DATA TO USE ->
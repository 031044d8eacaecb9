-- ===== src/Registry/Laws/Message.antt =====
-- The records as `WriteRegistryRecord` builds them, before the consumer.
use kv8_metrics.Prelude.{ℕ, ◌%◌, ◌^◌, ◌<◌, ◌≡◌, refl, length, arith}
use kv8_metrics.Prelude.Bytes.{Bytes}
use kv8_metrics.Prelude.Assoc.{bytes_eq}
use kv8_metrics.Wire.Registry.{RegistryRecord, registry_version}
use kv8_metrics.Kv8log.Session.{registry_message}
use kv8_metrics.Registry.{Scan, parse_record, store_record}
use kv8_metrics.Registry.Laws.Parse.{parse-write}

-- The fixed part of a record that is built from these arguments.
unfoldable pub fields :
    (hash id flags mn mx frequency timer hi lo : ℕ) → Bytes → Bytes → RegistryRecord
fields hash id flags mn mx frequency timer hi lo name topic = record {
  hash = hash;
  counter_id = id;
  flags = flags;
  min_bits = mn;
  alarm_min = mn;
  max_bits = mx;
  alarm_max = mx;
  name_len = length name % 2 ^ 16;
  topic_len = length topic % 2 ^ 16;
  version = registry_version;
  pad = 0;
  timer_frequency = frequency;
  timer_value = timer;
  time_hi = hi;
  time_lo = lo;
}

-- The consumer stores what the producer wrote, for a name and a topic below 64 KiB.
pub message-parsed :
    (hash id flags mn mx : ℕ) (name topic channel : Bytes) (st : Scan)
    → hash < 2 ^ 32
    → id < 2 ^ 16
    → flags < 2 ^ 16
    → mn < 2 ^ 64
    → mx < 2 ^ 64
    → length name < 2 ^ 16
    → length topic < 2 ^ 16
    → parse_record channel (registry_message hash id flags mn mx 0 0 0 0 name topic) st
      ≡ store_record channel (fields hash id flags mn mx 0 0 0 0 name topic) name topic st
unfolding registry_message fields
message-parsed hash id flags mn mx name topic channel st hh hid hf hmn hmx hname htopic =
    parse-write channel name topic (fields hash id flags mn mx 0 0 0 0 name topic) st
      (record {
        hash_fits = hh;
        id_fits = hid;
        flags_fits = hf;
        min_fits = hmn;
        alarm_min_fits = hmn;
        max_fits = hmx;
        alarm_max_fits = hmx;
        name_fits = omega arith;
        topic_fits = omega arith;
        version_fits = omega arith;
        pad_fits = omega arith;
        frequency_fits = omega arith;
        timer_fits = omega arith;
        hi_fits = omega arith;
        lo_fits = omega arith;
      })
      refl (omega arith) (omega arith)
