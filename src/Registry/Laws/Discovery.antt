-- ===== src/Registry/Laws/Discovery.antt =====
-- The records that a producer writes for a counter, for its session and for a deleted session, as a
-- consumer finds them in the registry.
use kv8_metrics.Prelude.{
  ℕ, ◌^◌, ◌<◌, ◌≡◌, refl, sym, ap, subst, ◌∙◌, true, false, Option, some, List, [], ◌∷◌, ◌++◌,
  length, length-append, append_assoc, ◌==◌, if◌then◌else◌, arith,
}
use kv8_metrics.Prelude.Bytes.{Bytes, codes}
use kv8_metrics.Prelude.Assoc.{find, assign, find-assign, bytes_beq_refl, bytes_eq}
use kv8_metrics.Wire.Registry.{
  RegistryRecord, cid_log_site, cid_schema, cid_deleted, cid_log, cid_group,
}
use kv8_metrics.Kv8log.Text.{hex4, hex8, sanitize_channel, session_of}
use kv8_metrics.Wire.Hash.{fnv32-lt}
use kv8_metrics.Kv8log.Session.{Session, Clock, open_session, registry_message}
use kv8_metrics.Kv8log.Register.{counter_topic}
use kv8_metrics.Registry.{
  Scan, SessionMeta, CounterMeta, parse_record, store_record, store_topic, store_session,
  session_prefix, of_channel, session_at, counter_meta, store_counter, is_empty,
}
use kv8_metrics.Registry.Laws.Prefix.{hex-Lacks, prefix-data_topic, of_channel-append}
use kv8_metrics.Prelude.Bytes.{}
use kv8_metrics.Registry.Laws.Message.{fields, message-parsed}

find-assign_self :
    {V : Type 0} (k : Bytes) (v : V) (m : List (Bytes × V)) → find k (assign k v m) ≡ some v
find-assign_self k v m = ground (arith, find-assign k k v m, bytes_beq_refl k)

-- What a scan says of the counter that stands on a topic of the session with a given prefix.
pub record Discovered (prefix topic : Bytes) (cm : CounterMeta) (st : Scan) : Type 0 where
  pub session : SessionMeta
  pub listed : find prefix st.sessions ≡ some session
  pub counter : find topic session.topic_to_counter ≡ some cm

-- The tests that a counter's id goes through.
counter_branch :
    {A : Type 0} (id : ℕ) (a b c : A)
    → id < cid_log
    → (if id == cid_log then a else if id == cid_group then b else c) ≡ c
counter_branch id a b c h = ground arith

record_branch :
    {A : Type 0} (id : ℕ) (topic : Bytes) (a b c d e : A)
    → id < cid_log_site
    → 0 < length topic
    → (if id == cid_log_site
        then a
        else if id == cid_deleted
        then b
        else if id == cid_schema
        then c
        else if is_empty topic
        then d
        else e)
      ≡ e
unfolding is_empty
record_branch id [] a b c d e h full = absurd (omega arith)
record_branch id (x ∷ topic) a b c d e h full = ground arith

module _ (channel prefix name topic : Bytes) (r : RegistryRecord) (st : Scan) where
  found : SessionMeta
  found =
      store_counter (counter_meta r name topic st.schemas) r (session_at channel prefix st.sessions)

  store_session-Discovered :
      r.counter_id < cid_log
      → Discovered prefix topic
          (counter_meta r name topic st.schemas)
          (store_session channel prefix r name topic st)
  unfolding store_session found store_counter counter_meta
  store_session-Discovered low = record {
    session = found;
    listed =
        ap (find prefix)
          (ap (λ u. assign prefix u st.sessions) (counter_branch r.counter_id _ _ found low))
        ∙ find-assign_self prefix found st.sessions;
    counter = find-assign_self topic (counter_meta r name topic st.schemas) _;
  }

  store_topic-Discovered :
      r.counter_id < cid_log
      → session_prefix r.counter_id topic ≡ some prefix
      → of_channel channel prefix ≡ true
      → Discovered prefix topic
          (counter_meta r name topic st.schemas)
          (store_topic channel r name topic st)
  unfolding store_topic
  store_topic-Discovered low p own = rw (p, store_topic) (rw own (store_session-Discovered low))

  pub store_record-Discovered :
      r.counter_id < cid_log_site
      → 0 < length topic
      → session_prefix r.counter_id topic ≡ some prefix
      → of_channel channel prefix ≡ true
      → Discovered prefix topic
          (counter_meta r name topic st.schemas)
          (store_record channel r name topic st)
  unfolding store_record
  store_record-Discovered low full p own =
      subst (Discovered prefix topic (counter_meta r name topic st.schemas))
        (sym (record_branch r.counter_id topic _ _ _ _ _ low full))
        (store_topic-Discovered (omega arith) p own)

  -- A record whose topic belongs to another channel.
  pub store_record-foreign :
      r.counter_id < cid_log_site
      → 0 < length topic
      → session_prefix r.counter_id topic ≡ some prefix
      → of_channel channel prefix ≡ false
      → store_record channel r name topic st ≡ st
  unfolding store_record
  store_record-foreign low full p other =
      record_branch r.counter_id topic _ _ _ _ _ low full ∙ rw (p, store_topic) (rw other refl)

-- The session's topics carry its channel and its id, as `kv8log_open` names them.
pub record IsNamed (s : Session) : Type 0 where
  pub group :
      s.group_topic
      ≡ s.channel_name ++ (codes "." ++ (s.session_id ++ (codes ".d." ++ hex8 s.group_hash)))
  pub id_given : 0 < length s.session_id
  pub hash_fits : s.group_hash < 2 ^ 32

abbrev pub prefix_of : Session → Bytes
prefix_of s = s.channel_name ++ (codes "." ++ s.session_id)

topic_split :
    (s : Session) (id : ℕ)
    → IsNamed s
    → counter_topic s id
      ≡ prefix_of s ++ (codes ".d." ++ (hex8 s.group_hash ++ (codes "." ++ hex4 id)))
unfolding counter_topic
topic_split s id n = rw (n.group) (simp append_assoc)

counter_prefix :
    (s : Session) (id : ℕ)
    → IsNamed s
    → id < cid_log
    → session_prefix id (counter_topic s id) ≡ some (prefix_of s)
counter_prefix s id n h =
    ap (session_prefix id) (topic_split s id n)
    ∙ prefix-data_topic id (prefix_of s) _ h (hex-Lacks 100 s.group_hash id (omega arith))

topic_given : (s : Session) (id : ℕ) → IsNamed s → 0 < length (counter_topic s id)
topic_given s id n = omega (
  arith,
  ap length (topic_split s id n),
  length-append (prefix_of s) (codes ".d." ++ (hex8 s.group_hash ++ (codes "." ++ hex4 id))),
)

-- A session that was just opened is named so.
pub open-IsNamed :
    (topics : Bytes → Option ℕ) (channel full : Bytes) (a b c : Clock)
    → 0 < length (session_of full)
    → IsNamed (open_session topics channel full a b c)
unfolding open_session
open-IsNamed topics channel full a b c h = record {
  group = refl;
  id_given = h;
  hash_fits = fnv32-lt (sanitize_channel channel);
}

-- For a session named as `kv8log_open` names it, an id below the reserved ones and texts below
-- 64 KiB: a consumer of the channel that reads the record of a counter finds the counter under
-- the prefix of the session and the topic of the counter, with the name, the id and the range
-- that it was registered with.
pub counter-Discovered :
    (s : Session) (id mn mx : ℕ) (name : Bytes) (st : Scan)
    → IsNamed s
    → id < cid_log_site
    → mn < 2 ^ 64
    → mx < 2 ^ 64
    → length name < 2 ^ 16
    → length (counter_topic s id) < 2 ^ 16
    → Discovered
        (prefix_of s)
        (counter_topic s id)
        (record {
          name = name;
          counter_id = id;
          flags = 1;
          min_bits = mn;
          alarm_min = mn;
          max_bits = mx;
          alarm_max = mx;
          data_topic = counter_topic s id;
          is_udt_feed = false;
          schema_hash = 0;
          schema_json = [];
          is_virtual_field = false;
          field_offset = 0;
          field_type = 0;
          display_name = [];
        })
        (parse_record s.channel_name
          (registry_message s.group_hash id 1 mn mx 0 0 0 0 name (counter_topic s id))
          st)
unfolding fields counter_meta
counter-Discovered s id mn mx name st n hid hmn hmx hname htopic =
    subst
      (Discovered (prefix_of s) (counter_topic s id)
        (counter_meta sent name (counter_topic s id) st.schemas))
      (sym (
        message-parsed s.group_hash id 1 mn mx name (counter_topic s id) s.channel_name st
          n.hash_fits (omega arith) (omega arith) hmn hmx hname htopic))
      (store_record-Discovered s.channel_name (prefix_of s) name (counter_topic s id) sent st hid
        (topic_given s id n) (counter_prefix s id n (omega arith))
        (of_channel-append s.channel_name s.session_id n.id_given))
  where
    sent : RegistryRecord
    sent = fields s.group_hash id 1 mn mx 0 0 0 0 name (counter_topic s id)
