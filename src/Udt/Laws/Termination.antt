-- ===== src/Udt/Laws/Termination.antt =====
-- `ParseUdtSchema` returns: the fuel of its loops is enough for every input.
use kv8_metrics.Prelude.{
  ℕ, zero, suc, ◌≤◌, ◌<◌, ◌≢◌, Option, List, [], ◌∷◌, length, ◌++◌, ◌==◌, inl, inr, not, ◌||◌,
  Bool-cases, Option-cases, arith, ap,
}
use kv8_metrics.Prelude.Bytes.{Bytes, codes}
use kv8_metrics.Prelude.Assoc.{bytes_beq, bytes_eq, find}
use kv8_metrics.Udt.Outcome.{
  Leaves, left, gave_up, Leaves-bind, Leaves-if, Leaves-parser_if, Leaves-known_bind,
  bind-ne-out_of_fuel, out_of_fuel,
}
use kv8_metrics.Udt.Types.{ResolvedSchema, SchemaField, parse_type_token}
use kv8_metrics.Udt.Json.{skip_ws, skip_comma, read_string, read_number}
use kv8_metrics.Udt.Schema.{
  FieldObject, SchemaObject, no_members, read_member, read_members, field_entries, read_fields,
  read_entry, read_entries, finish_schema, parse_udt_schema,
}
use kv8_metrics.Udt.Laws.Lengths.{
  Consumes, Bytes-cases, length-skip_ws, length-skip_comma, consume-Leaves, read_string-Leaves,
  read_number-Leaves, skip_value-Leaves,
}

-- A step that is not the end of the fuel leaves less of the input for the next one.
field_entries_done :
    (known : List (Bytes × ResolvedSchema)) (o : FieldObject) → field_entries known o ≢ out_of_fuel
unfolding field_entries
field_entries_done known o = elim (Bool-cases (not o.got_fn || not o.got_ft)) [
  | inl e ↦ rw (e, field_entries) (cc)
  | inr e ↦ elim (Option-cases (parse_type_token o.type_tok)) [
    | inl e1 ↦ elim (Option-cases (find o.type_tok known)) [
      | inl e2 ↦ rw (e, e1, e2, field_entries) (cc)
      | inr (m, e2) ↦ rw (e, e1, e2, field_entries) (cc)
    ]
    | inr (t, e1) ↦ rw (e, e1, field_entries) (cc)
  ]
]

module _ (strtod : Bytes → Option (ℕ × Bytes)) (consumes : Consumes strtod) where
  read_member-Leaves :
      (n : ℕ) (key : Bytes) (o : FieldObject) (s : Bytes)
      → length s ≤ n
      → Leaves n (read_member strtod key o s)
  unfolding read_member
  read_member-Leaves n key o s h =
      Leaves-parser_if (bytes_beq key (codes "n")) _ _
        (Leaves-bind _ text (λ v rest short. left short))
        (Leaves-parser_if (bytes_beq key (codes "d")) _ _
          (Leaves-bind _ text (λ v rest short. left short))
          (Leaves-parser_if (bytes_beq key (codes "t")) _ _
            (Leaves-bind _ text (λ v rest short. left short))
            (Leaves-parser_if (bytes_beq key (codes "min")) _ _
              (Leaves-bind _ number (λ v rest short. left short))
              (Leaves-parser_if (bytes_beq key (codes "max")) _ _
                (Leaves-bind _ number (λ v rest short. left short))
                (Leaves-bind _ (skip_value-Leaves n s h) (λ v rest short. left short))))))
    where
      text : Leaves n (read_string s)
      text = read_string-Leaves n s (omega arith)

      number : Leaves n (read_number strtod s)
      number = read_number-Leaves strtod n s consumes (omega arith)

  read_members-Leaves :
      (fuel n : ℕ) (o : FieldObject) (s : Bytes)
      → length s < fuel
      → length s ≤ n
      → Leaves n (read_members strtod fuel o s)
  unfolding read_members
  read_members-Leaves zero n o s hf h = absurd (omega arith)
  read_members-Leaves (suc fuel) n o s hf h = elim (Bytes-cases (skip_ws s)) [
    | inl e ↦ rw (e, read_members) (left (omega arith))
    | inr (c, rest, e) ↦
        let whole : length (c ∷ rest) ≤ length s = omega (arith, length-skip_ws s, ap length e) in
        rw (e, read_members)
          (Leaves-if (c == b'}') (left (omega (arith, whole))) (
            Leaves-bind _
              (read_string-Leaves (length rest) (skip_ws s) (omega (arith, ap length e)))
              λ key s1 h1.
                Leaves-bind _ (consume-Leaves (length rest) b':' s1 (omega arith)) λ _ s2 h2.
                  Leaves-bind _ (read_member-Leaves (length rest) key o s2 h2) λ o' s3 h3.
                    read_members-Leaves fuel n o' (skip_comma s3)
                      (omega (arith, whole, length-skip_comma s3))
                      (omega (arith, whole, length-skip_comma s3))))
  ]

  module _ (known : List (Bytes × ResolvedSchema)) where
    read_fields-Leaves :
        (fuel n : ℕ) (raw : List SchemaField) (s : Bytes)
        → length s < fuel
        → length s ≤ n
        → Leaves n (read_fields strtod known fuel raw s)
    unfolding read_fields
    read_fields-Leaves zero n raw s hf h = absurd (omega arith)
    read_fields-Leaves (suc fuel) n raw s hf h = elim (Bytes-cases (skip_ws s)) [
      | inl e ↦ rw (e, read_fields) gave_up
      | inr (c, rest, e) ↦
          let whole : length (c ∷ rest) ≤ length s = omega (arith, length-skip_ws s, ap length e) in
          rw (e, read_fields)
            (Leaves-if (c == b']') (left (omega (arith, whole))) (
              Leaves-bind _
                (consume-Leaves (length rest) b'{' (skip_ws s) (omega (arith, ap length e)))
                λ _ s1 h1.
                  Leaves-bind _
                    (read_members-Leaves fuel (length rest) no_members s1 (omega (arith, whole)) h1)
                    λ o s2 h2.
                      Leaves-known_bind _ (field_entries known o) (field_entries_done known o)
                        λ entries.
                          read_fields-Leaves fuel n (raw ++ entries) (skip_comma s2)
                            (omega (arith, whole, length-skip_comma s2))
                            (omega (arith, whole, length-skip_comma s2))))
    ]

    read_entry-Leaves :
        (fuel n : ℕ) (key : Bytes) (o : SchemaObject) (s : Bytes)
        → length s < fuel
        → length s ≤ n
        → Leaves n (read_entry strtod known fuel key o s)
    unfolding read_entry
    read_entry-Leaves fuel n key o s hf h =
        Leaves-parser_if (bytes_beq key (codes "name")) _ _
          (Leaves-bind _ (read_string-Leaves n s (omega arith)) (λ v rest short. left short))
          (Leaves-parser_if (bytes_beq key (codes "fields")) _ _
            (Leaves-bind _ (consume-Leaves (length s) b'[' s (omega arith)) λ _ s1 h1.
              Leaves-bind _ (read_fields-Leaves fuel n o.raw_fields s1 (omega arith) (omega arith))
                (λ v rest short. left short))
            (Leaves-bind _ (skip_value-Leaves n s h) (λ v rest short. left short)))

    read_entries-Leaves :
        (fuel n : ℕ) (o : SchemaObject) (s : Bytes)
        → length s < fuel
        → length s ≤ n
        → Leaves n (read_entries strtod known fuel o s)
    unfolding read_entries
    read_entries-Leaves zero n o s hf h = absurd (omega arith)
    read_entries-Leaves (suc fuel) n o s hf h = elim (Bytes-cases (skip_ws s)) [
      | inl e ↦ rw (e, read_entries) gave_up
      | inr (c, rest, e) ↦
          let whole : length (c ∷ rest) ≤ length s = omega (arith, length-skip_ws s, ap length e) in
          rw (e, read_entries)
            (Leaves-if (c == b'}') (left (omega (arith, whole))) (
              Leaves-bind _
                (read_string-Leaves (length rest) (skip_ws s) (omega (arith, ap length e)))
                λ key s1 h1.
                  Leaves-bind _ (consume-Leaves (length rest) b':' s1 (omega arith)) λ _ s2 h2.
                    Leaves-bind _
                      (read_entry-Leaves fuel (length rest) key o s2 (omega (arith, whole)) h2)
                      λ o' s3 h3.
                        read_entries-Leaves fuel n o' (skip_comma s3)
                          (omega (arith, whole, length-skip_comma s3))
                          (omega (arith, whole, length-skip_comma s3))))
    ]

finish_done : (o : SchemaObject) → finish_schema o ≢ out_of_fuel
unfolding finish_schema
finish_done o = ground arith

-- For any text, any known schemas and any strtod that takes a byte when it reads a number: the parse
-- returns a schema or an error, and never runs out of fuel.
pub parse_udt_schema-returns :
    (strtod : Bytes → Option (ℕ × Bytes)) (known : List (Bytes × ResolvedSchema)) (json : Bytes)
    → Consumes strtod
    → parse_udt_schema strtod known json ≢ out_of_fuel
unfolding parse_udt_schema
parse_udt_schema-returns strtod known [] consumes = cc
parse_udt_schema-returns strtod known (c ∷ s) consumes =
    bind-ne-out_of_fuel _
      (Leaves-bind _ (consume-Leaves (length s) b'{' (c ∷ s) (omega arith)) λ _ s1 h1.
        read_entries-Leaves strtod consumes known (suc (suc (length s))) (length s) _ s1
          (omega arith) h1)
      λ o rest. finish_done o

EXERCISE PROMPT -> What lines above contain the word "Lacks"? Return each such line.

TASK SOLUTION ->
use kv8_metrics.Registry.Laws.Prefix.{hex-Lacks, prefix-data_topic, of_channel-append}
    ∙ prefix-data_topic id (prefix_of s) _ h (hex-Lacks 100 s.group_hash id (omega arith))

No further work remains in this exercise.